(NAPSI)--Research from the Centers for Disease Control and Prevention (CDC) shows that most children should eat more fruits and vegetables, which contain essential nutrients that may help protect against chronic diseases. But how can parents, schools and other caregivers get kids to chow down?
Cut up fruit before serving it, suggests Mark Schuster, M.D., Ph.D., a researcher with the Prevention Research Centers (PRC) Program, a nationwide network of 37 academic research centers funded by the CDC to find ways to help people get and stay healthy.
Dr. Schuster, while leading the University of California at Los Angeles PRC, partnered with the Los Angeles Unified School District (LAUSD) in developing Students for Nutrition and Exercise (SNaX), a program in which middle school students promote healthy eating and physical activity among their peers. During testing of SNaX, Dr. Schuster (now at Harvard Medical School) and colleagues discovered that in general, kids don’t like to bite into whole fruit. “But if you cut it up for them, even though it’s the exact same fruit, instead of going in the trash can, it goes into their mouth,” he says.
Dr. Schuster is now preparing SNaX for use throughout LAUSD and beyond. But LAUSD is already using some key features, including the cut fruit component.
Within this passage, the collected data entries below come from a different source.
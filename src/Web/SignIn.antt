-- ===== src/Web/SignIn.antt =====
-- frontend/src/components/auth/login-form.tsx and mfa-verify-form.tsx, and
-- frontend/src/components/app-shell/auth-gate.tsx: how a visitor signs in and gets behind the gate. The
-- handlers are cut at their awaits; the form library's `handleSubmit` is an argument.
pub mod Register
pub mod Entry
use fernbank.Base.{
  ℕ, suc, Bool, true, false, not, ◌&&◌, ◌||◌, List, [], ◌∷◌, ◌++◌, String, Option, none, some, eqb,
  ◌==◌, if◌then◌else◌,
}
use fernbank.Base.Text.{truthy}
use fernbank.Bff.Dashboard.{MeResponse}
use fernbank.Web.Api.{ApiError, ApiResult, returns, throws, rejects}
use fernbank.Web.Auth.{
  AuthState, LoginBody, LoginResult, authenticated, mfa_required, Outcome, keeps, breaks,
  is_authenticated, login, verify_mfa,
}
use fernbank.Web.Forms.{Units, Issue, login_schema, mfa_verify_schema}
use fernbank.Web.Transfer.Pages.{is_pending}
use fernbank.Web.View.{
  Control, text, button, input, link, placeholder, UserInput, offered, error_message,
}
use fernbank.Web.Warmup.{WarmupState, checking, ready, failed}

pub record LoginValues : Type 0 where
  pub email : String
  pub password : String

pub record Platform : Type 0 where
  pub units : String → Units
  pub hand_over : (LoginValues → List Issue) → LoginValues → Option LoginValues
  pub hand_over_code : (String → List Issue) → String → Option String

-- A call of `verifyMfa`: the form that made it, and what it sends.
pub record MfaCall : Type 0 where
  pub form : ℕ
  pub mfa_token : String
  pub code : String

-- `form` counts the forms for a code that were mounted. `location` is the page that the router shows.
pub record SignIn : Type 0 where
  pub auth : AuthState
  pub backend_state : WarmupState
  pub retries : ℕ
  pub mfa_token : Option String
  pub values : LoginValues
  pub form : ℕ
  pub code : String
  pub logins : List LoginValues
  pub verifications : List MfaCall
  pub sent : List LoginValues
  pub location : String
  pub toasts : List String

-- The toast behind a sign-out for inactivity.
unfoldable pub reason_toast : Option String → List String
reason_toast none = []
reason_toast (some reason) =
    if reason == "idle" then "You were signed out after 5 minutes of inactivity." ∷ [] else []

abbrev pub mounted : AuthState → Option String → SignIn
mounted auth reason = record {
  auth = auth;
  backend_state = checking;
  retries = 0;
  mfa_token = none;
  values = record { email = ""; password = "" };
  form = 0;
  code = "";
  logins = [];
  verifications = [];
  sent = [];
  location = "/login";
  toasts = reason_toast reason;
}

unfoldable pub login_resolver : (String → Units) → LoginValues → List Issue
unfolding login_schema
login_resolver units values =
    login_schema (record { email = units values.email; password = units values.password })

unfoldable pub mfa_resolver : (String → Units) → String → String → List Issue
unfolding mfa_verify_schema
mfa_resolver units mfa_token code =
    mfa_verify_schema (record { mfa_token = units mfa_token; code = units code })

-- `onSubmit` of the login form up to its await.
abbrev pub on_login : Option LoginValues → SignIn → SignIn
on_login none s = s
on_login (some values) s = record s { logins = values ∷ s.logins; sent = values ∷ s.sent }

-- The error of a call that did not end in an answer the handler can read.
abbrev pub error_of : {A : Type 0} → ApiResult A → Option ApiError
error_of (returns result) = none
error_of (throws error) = some error
error_of rejects = none

abbrev pub toast : String → SignIn → SignIn
toast message s = record s { toasts = message ∷ s.toasts }

-- The form for a code is shown for a token that is there and not empty; it is another one each time.
abbrev pub set_mfa_token : Option String → SignIn → SignIn
set_mfa_token token s = record s { mfa_token = truthy token; form = suc s.form; code = "" }

abbrev pub login_ended : Outcome LoginResult → Option ApiError → SignIn → SignIn
login_ended (keeps authenticated) error s = record s { location = "/dashboard" }
login_ended (keeps (mfa_required token)) error s = set_mfa_token token s
login_ended breaks error s = toast (error_message "Something went wrong" error) s

-- `onSubmit` of the login form behind its await: `login` of the context has ended.
unfoldable pub login_answered : ApiResult LoginBody → ApiResult MeResponse → SignIn → SignIn
unfolding login error_message
login_answered body me s =
    login_ended (login body me s.auth).0 (error_of body)
      (record s { auth = (login body me s.auth).1 })

-- `onSubmit` of the form for a code.
abbrev pub on_verify : Option String → String → SignIn → SignIn
on_verify none token s = s
on_verify (some code) token s = record s {
  verifications = record { form = s.form; mfa_token = token; code = code } ∷ s.verifications;
}

abbrev pub verify_ended : Outcome (Unit {0}) → Option ApiError → SignIn → SignIn
verify_ended (keeps done) error s = record s { location = "/dashboard" }
verify_ended breaks error s = toast (error_message "Something went wrong" error) s

unfoldable pub verify_answered : ApiResult LoginBody → ApiResult MeResponse → SignIn → SignIn
unfolding verify_mfa error_message
verify_answered body me s =
    verify_ended (verify_mfa body me s.auth).0 (error_of body)
      (record s { auth = (verify_mfa body me s.auth).1 })

pub data Action : Type 0 where
  types_email : String → Action
  types_password : String → Action
  submits : Action
  retries_backend : Action
  types_code : String → Action
  verifies : String → Action
  goes_back : Action

unfoldable pub act : Platform → SignIn → Action → SignIn
unfolding login_resolver mfa_resolver
act env s (types_email typed) = record s { values = record s.values { email = typed } }
act env s (types_password typed) = record s { values = record s.values { password = typed } }
act env s submits = on_login (env.hand_over (login_resolver env.units) s.values) s
act env s retries_backend = record s { retries = suc s.retries }
act env s (types_code typed) = record s { code = typed }
act env s (verifies token) =
    on_verify (env.hand_over_code (mfa_resolver env.units token) s.code) token s
act env s goes_back = record s { mfa_token = none }

-- What the forms show of the attempts to wake the backend.
unfoldable pub backend_notice : {E : Type 0} → E → WarmupState → List (Control E)
backend_notice retry checking =
    text "Waking up the demo servers — this can take a few minutes on the free tier." ∷ []
backend_notice retry failed =
    text "Couldn't reach the demo servers." ∷ button "Try again" false retry ∷ []
backend_notice retry ready = []

abbrev pub is_ready : WarmupState → Bool
is_ready checking = false
is_ready ready = true
is_ready failed = false

unfoldable pub submit_label : Bool → Bool → String → String → String
submit_label backend_is_ready is_submitting busy label =
    if not backend_is_ready then "Waking up…" else if is_submitting then busy else label

unfoldable pub login_form : SignIn → List (Control Action)
unfolding backend_notice submit_label
login_form s =
    input "Email" s.values.email types_email
    ∷ input "Password" s.values.password types_password
    ∷ (backend_notice retries_backend s.backend_state
        ++ (button
              (submit_label (is_ready s.backend_state) (is_pending s.logins) "Signing in…"
                "Sign in")
              (not (is_ready s.backend_state) || is_pending s.logins) submits
            ∷ text "Don't have an account?"
            ∷ link "Register" "/register"
            ∷ []))

-- Whether the form on display waits for its answer.
unfoldable pub is_verifying : ℕ → List MfaCall → Bool
is_verifying form [] = false
is_verifying form (call ∷ calls) = let rest = is_verifying form calls in eqb call.form form || rest

unfoldable pub mfa_verify_form : String → SignIn → List (Control Action)
unfolding is_verifying
mfa_verify_form token s =
    text "Enter the 6-digit code from your authenticator app."
    ∷ input "Authentication code" s.code types_code
    ∷ button (if is_verifying s.form s.verifications then "Verifying…" else "Verify")
        (is_verifying s.form s.verifications) (verifies token)
    ∷ button "Back to sign in" false goes_back
    ∷ []

abbrev pub form_of : Option String → SignIn → List (Control Action)
form_of none s = login_form s
form_of (some token) s = mfa_verify_form token s

unfoldable pub sign_in_page : SignIn → List (Control Action)
unfolding login_form mfa_verify_form
sign_in_page s = form_of s.mfa_token s

-- What the gate does on a page behind it.
pub data Gate : Type 0 where
  waits : Gate
  replaces : String → Gate
  shows : Gate

unfoldable pub gate : AuthState → Gate
gate auth =
    if auth.is_bootstrapping
    then waits
    else if not (is_authenticated auth)
    then replaces "/login"
    else shows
Parents should model healthy eating habits, says Becky Mozaffarian, M.S., M.P.H., a researcher at the Harvard University PRC. Fruits and vegetables should always be readily available in the home. “Try keeping a supply of cut-up fruits and veggies in the refrigerator, at eye level, for snacking,” she says.
Mozaffarian helped develop Food & Fun After School 2nd Edition, a curriculum that outside-of-school programs can use to promote physical activity and healthier food to children. The YMCA has committed to using Food & Fun nationwide as part of First Lady Michelle Obama’s Partnership for a Healthier America initiative. The curriculum is available free at www.foodandfun.org.
“Serve a fruit or vegetable with every meal and snack,” says Mozaffarian. “Even if children don’t touch the fruit or vegetable at first, one day they just might try it. Don’t give up.”
For more information about the PRC Program, go to www.cdc.gov/prc.
Parents and caregivers should:
• Introduce fruits and veggies early in life.
• Involve children in fruit and veggie purchases.
• Involve children in preparing fruit and veggie snacks.
• Offer salad bars.
• Involve students in taste tests.
• Pay attention to presentation. For example, a package with condensation on the plastic cover may look unappetizing.
See www.cdc.gov/nutrition/everyone for recommended daily amounts of fruits and vegetables, depending upon age, sex and physical activity level.